The proposed project also includes a new stretch of road connecting Wayfarer Street to Wintergreen Avenue, as well as new new playgrounds, site lighting, landscaping, sidewalks, raingardens, and an outdoor education gathering space.
Boroson said the total design for the project was inspired by guiding principles defined by neighbors and city officials over the course of several design charettes held towards the end of last year. Some of those principles include improved safety and security, community support services, recreation for all ages, homes with a variety of amenities and types.
Hartford-based landscape architect Heidi Hajna explained the details of the bespoke zoning regulations that make up the proposed PDD.
“This allows us the flexibility to create a neighborhood we can be very proud to live and access,” she said.
The site currently sits on two lots in a RM‑1 low-middle density residential zone. The proposed PDD would create five separate lots on the 15-acre site and adjust various building and yard size requirements to allow for more open space and clearer distinctions between public and private realms.
Some of those proposed zoning changes include 2,419 minimum lot area per dwelling unit where 3,500 square feet is permitted, 29,079 square-foot minimum lot area where 6,000 square feet is permitted, and three-foot front yard minimums where 20 feet is permitted.
“We’re actually going considerably closer here so that we create the eyes on the street that we’re looking for in this community,” Hajna said, “putting the buildings right up to the street.”
Every townhouse will have a front porch, Boroson said, as well as both a front entry and a rear entry. The site will have a total of 91 surface parking spaces.
Montreal Johnson-Godley, president of Westville Manor’s Tenant Resident Council (TRC), praised the housing authority and the local designers and engineers for spending time with the community and listening to what people who actually live at the complex wanted to see in a redeveloped site.
“These people came in and introduced something beautiful to us and we really really appreciate it,” she said. “If things go well, then we can move this along so we can have a better place to live in the city of New Haven.”
Every commissioner spoke up in praise of the proposed redevelopment before casting a vote in support.
Commission Chair Ed Mattison said that, every time he drives by the west side complex, he marvels at just how “unplanned, un-thought through, and unbeautiful” it is.

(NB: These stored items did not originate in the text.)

-- ===== src/Source/Tests.antt =====
-- A dispatch over the sample broker (chamge/amqp-source.c).
use chamge.Prelude.{
  ℕ, suc, ◌≡◌, ◌⊎◌, refl, true, false, Option, none, some, [], ◌∷◌, Text, codes, Run, ret,
}
use chamge.Amqp.{Net, receives}
use chamge.Samples.{sample_glib, sample_rabbit, message, net, Inbox}
use chamge.Backend.{Object, handle_message, checked, valid_content_type}
use chamge.Backend.Edge.{process_amqp_message}
use chamge.Source.{Conditions, source_dispatch, iterations, iteration}
use chamge.Source.Loop.{Runs, iterations-Runs}

abbrev counts : Text → ℕ × Net sample_rabbit → Run (Option Text × ℕ × Net sample_rabbit)
counts cmd (n, s) = ret (none, suc n, s)

abbrev idle : Object sample_rabbit
idle = record { amqp_conn = tt; activated = false; process_id = 1 }

abbrev inbox : Inbox
inbox = message none (codes "{}") ∷ []

abbrev received_net : Net sample_rabbit
received_net = record { world = []; log = receives ∷ [] }

dispatch_lem :
    source_dispatch sample_rabbit tt
      (some (process_amqp_message sample_glib sample_rabbit counts idle))
      (0, net inbox)
    ≡ ret (false, 0, received_net)
unfolding source_dispatch process_amqp_message
dispatch_lem = refl

abbrev readable : Conditions
readable = record { io_in = true; io_hup = false; io_err = false }

abbrev quiet : Conditions
quiet = record { io_in = false; io_hup = false; io_err = false }

abbrev taken_twice : Net sample_rabbit
taken_twice = record { world = []; log = receives ∷ receives ∷ [] }

iterations_lem :
    iterations sample_rabbit tt
      (some (process_amqp_message sample_glib sample_rabbit counts idle))
      (readable ∷ readable ∷ [])
      (0, net inbox)
    ≡ ret (false, 0, received_net)
unfolding iterations iteration process_amqp_message
iterations_lem = refl

abbrev active : Object sample_rabbit
active = record { amqp_conn = tt; activated = true; process_id = 1 }

-- A message that is not a request, and then nothing.
active_lem :
    iterations sample_rabbit tt
      (some (process_amqp_message sample_glib sample_rabbit counts active))
      (readable ∷ quiet ∷ readable ∷ [])
      (0, net inbox)
    ≡ ret (true, 0, taken_twice)
unfolding iterations iteration process_amqp_message handle_message checked valid_content_type
active_lem = refl

iterations-Runs_example :
    Runs sample_glib sample_rabbit counts tt active
      (readable ∷ quiet ∷ readable ∷ [])
      0
      (net inbox)
      true
      0
      taken_twice
    × ((active.activated ≡ true) × (true ≡ true) ⊎ (active.activated ≡ false) × (◌≡◌ {A = ℕ} 0 0))
iterations-Runs_example =
    iterations-Runs sample_glib sample_rabbit counts tt active (readable ∷ quiet ∷ readable ∷ []) 0
      0 (net inbox) taken_twice true active_lem
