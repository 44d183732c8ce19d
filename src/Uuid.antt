-- ===== src/Uuid.antt =====
-- glib-compat/glib-compat.c: `g_uuid_string_random` for releases of GLib before 2.52. The four
-- numbers that `g_random_int` gives are arguments; each is below 2 ^ 32.
pub mod RoundTrip
pub mod Tests
use chamge.Prelude.{
  ℕ, ◌+◌, ◌/◌, ◌%◌, Bool, true, false, List, [], ◌∷◌, ◌++◌, Text, take, drop, ltb, if◌then◌else◌,
}

-- The order of the bytes of a `guint32` in memory, which is that of the processor.
pub data ByteOrder : Type 0 where
  little_endian big_endian : ByteOrder

-- `uuid.ints`.
pub record Ints : Type 0 where
  pub first : ℕ
  pub second : ℕ
  pub third : ℕ
  pub fourth : ℕ

bytes_of_int : ByteOrder → ℕ → List ℕ
bytes_of_int little_endian n = n % 256 ∷ n / 256 % 256 ∷ n / 65536 % 256 ∷ n / 16777216 % 256 ∷ []
bytes_of_int big_endian n = n / 16777216 % 256 ∷ n / 65536 % 256 ∷ n / 256 % 256 ∷ n % 256 ∷ []

-- The union: `uuid.bytes` for `uuid.ints`.
pub bytes_of : ByteOrder → Ints → List ℕ
unfolding bytes_of_int
bytes_of o u =
    bytes_of_int o u.first
    ++ (bytes_of_int o u.second ++ (bytes_of_int o u.third ++ bytes_of_int o u.fourth))

-- A digit of `%x`, and `%02x` of a byte.
hex_digit : ℕ → ℕ
hex_digit n = if ltb n 10 then n + 48 else n + 87

hex_bytes : List ℕ → Text
unfolding hex_digit
hex_bytes [] = []
hex_bytes (b ∷ bs) = hex_digit (b / 16) ∷ hex_digit (b % 16) ∷ hex_bytes bs

-- The five groups of g_strdup_printf, of 4, 2, 2, 2 and 6 bytes.
pub print_uuid : List ℕ → Text
unfolding hex_bytes
print_uuid bytes =
    hex_bytes (take 4 bytes)
    ++ (45
        ∷ (hex_bytes (take 2 (drop 4 bytes))
            ++ (45
                ∷ (hex_bytes (take 2 (drop 6 bytes))
                    ++ (45
                        ∷ (hex_bytes (take 2 (drop 8 bytes))
                            ++ (45 ∷ hex_bytes (take 6 (drop 10 bytes)))))))))

pub uuid_string_random : ByteOrder → Ints → Text
unfolding bytes_of print_uuid
uuid_string_random o u = print_uuid (bytes_of o u)
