-- ===== src/Uuid/RoundTrip.antt =====
-- The text of a uuid (glib-compat/glib-compat.c) against a reader of such texts.
use chamge.Prelude.{
  ℕ, ◌+◌, ◌-◌, ◌*◌, ◌/◌, ◌%◌, ◌^◌, ◌<◌, ◌≡◌, ◌∙◌, ap, refl, false, List, [], ◌∷◌, ◌++◌, Text,
  length, take, drop, ltb, ◌==◌, if◌then◌else◌, arith,
}
use chamge.Uuid.{
  ByteOrder, little_endian, big_endian, Ints, bytes_of_int, bytes_of, hex_digit, hex_bytes,
  print_uuid, uuid_string_random,
}

-- The value of a hexadecimal digit in lower case.
abbrev digit_value : ℕ → ℕ
digit_value c = if ltb c 58 then c - 48 else c - 87

-- The hyphens dropped, and the digits taken in pairs.
abbrev undashed : Text → Text
undashed [] = []
undashed (c ∷ t) = let rest = undashed t in if c == 45 then rest else c ∷ rest

abbrev pairs : Text → List ℕ
pairs [] = []
pairs (c ∷ []) = []
pairs (c ∷ d ∷ t) = (digit_value c * 16 + digit_value d) ∷ pairs t

abbrev pub read_bytes : Text → List ℕ
read_bytes t = pairs (undashed t)

abbrev pub read_int : ByteOrder → List ℕ → ℕ
read_int little_endian (a ∷ b ∷ c ∷ d ∷ []) = a + b * 256 + c * 65536 + d * 16777216
read_int big_endian (a ∷ b ∷ c ∷ d ∷ []) = d + c * 256 + b * 65536 + a * 16777216
read_int o bytes = 0

abbrev pub read_ints : ByteOrder → List ℕ → Ints
read_ints o bytes = record {
  first = read_int o (take 4 bytes);
  second = read_int o (take 4 (drop 4 bytes));
  third = read_int o (take 4 (drop 8 bytes));
  fourth = read_int o (take 4 (drop 12 bytes));
}

-- What `g_random_int` gives.
abbrev pub Is32Bit : Ints → Type 0
Is32Bit u = (u.first < 2 ^ 32) × (u.second < 2 ^ 32) × (u.third < 2 ^ 32) × (u.fourth < 2 ^ 32)

abbrev AreBytes : List ℕ → Type 0
AreBytes [] = Unit {0}
AreBytes (b ∷ bs) = (b < 256) × AreBytes bs

digit_value-hex_digit :
    (n : ℕ) → n < 16 → (digit_value (hex_digit n) ≡ n) × ((hex_digit n == 45) ≡ false)
unfolding hex_digit
digit_value-hex_digit n h = ground arith

undashed-hex_bytes :
    (bs : List ℕ) (t : Text)
    → AreBytes bs
    → undashed (hex_bytes bs ++ t) ≡ hex_bytes bs ++ undashed t
unfolding hex_bytes
undashed-hex_bytes [] t p = refl
undashed-hex_bytes (b ∷ bs) t (h, p) = ground (
  arith,
  undashed-hex_bytes bs t p,
  digit_value-hex_digit (b / 16) (omega arith),
  digit_value-hex_digit (b % 16) (omega arith),
)

pairs-hex_bytes : (bs : List ℕ) (t : Text) → AreBytes bs → pairs (hex_bytes bs ++ t) ≡ bs ++ pairs t
unfolding hex_bytes
pairs-hex_bytes [] t p = refl
pairs-hex_bytes (b ∷ bs) t (h, p) = ground (
  arith,
  pairs-hex_bytes bs t p,
  digit_value-hex_digit (b / 16) (omega arith),
  digit_value-hex_digit (b % 16) (omega arith),
)

undashed-last : (bs : List ℕ) → AreBytes bs → undashed (hex_bytes bs) ≡ hex_bytes bs
unfolding hex_bytes
undashed-last [] p = refl
undashed-last (b ∷ bs) (h, p) = ground (
  arith,
  undashed-last bs p,
  digit_value-hex_digit (b / 16) (omega arith),
  digit_value-hex_digit (b % 16) (omega arith),
)

pairs-last : (bs : List ℕ) → AreBytes bs → pairs (hex_bytes bs) ≡ bs
unfolding hex_bytes
pairs-last [] p = refl
pairs-last (b ∷ bs) (h, p) = ground (
  arith,
  pairs-last bs p,
  digit_value-hex_digit (b / 16) (omega arith),
  digit_value-hex_digit (b % 16) (omega arith),
)

-- A group and its hyphen.
undashed-group :
    (bs : List ℕ) (t rest : Text)
    → AreBytes bs
    → undashed t ≡ rest
    → undashed (hex_bytes bs ++ (45 ∷ t)) ≡ hex_bytes bs ++ rest
undashed-group bs t rest p e = undashed-hex_bytes bs (45 ∷ t) p ∙ ap (λ z. hex_bytes bs ++ z) e

pairs-group :
    (bs rest : List ℕ) (t : Text)
    → AreBytes bs
    → pairs t ≡ rest
    → pairs (hex_bytes bs ++ t) ≡ bs ++ rest
pairs-group bs rest t p e = pairs-hex_bytes bs t p ∙ ap (λ z. bs ++ z) e

read_groups :
    (a b c d e : List ℕ)
    → AreBytes a
    → AreBytes b
    → AreBytes c
    → AreBytes d
    → AreBytes e
    → read_bytes (
        hex_bytes a
        ++ (45
            ∷ (hex_bytes b ++ (45 ∷ (hex_bytes c ++ (45 ∷ (hex_bytes d ++ (45 ∷ hex_bytes e))))))))
      ≡ a ++ (b ++ (c ++ (d ++ e)))
read_groups a b c d e pa pb pc pd pe =
    ap pairs (
      undashed-group a _ _ pa (
        undashed-group b _ _ pb
          (undashed-group c _ _ pc (undashed-group d _ _ pd (undashed-last e pe)))))
    ∙ pairs-group a _ _ pa
        (pairs-group b _ _ pb (pairs-group c _ _ pc (pairs-group d _ _ pd (pairs-last e pe))))

read-print : (o : ByteOrder) (u : Ints) → read_bytes (uuid_string_random o u) ≡ bytes_of o u
unfolding uuid_string_random print_uuid bytes_of bytes_of_int
read-print little_endian u =
    let bs = bytes_of little_endian u in
    read_groups (take 4 bs) (take 2 (drop 4 bs)) (take 2 (drop 6 bs)) (take 2 (drop 8 bs))
      (take 6 (drop 10 bs)) (omega arith) (omega arith) (omega arith) (omega arith) (omega arith)
read-print big_endian u =
    let bs = bytes_of big_endian u in
    read_groups (take 4 bs) (take 2 (drop 4 bs)) (take 2 (drop 6 bs)) (take 2 (drop 8 bs))
      (take 6 (drop 10 bs)) (omega arith) (omega arith) (omega arith) (omega arith) (omega arith)

read_int-bytes_of_int : (o : ByteOrder) (n : ℕ) → n < 2 ^ 32 → read_int o (bytes_of_int o n) ≡ n
unfolding bytes_of_int
read_int-bytes_of_int little_endian n h = omega arith
read_int-bytes_of_int big_endian n h = omega arith

read_ints-bytes_of : (o : ByteOrder) (u : Ints) → Is32Bit u → read_ints o (bytes_of o u) ≡ u
unfolding bytes_of bytes_of_int
read_ints-bytes_of little_endian u (a, b, c, d) = ground (
  arith,
  read_int-bytes_of_int little_endian u.first a,
  read_int-bytes_of_int little_endian u.second b,
  read_int-bytes_of_int little_endian u.third c,
  read_int-bytes_of_int little_endian u.fourth d,
)
read_ints-bytes_of big_endian u (a, b, c, d) = ground (
  arith,
  read_int-bytes_of_int big_endian u.first a,
  read_int-bytes_of_int big_endian u.second b,
  read_int-bytes_of_int big_endian u.third c,
  read_int-bytes_of_int big_endian u.fourth d,
)

length-uuid_string_random : (o : ByteOrder) (u : Ints) → length (uuid_string_random o u) ≡ 36
unfolding uuid_string_random print_uuid bytes_of bytes_of_int hex_bytes
length-uuid_string_random little_endian u = refl
length-uuid_string_random big_endian u = refl

-- The text of a uuid has 36 bytes, in either order of the bytes in memory, and the four random
-- numbers of 32 bits can be read back from it: no bit of them is lost or overwritten.
pub uuid_round_trip :
    (o : ByteOrder) (u : Ints)
    → Is32Bit u
    → (length (uuid_string_random o u) ≡ 36)
      × (read_ints o (read_bytes (uuid_string_random o u)) ≡ u)
uuid_round_trip o u h =
    (length-uuid_string_random o u, ap (read_ints o) (read-print o u) ∙ read_ints-bytes_of o u h)
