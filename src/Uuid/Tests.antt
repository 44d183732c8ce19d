-- ===== src/Uuid/Tests.antt =====
-- A uuid (glib-compat/glib-compat.c).
use chamge.Prelude.{◌≡◌, refl, codes, length, arith}
use chamge.Uuid.{
  little_endian, Ints, bytes_of, bytes_of_int, print_uuid, hex_bytes, hex_digit, uuid_string_random,
}
use chamge.Uuid.RoundTrip.{read_bytes, read_ints, uuid_round_trip}

abbrev ints : Ints
ints = record { first = 0x04030201; second = 0x0807_0605; third = 0xdeadbeef; fourth = 7 }

printed : uuid_string_random little_endian ints ≡ codes "01020304-0506-0708-efbe-adde07000000"
unfolding uuid_string_random print_uuid bytes_of bytes_of_int hex_bytes hex_digit
printed = refl

uuid_round_trip_example :
    (length (uuid_string_random little_endian ints) ≡ 36)
    × (read_ints little_endian (read_bytes (uuid_string_random little_endian ints)) ≡ ints)
uuid_round_trip_example = uuid_round_trip little_endian ints (omega arith)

“This seems just astonishingly better,” he said.
51 Apartments Planned For Former West Rock Nursing Home
Wednesday night’s meeting also saw commissioners sign off on the site plan for a proposed 51-unit apartment complex at the vacant former West Rock Nursing Home site at 34 Level St., right across the street from Westville Manor.
Local attorney Caleb Hamel, representing landlord Eyal Preis, who owns the holding company 34 Level BSD LLC that owns the property, said that the proposed development will convert the long vacant one-story building into a mix of studio, two-bedroom, and three-bedroom units. The complex will also have 50 bike racks and 97 on-site parking spaces.
Last year Preis applied for and received City Plan Commission approval to build a total of 74 apartments at the six-acre site: 27 units in the existing former nurshing home building, and another 47 in eight new two-story buildings.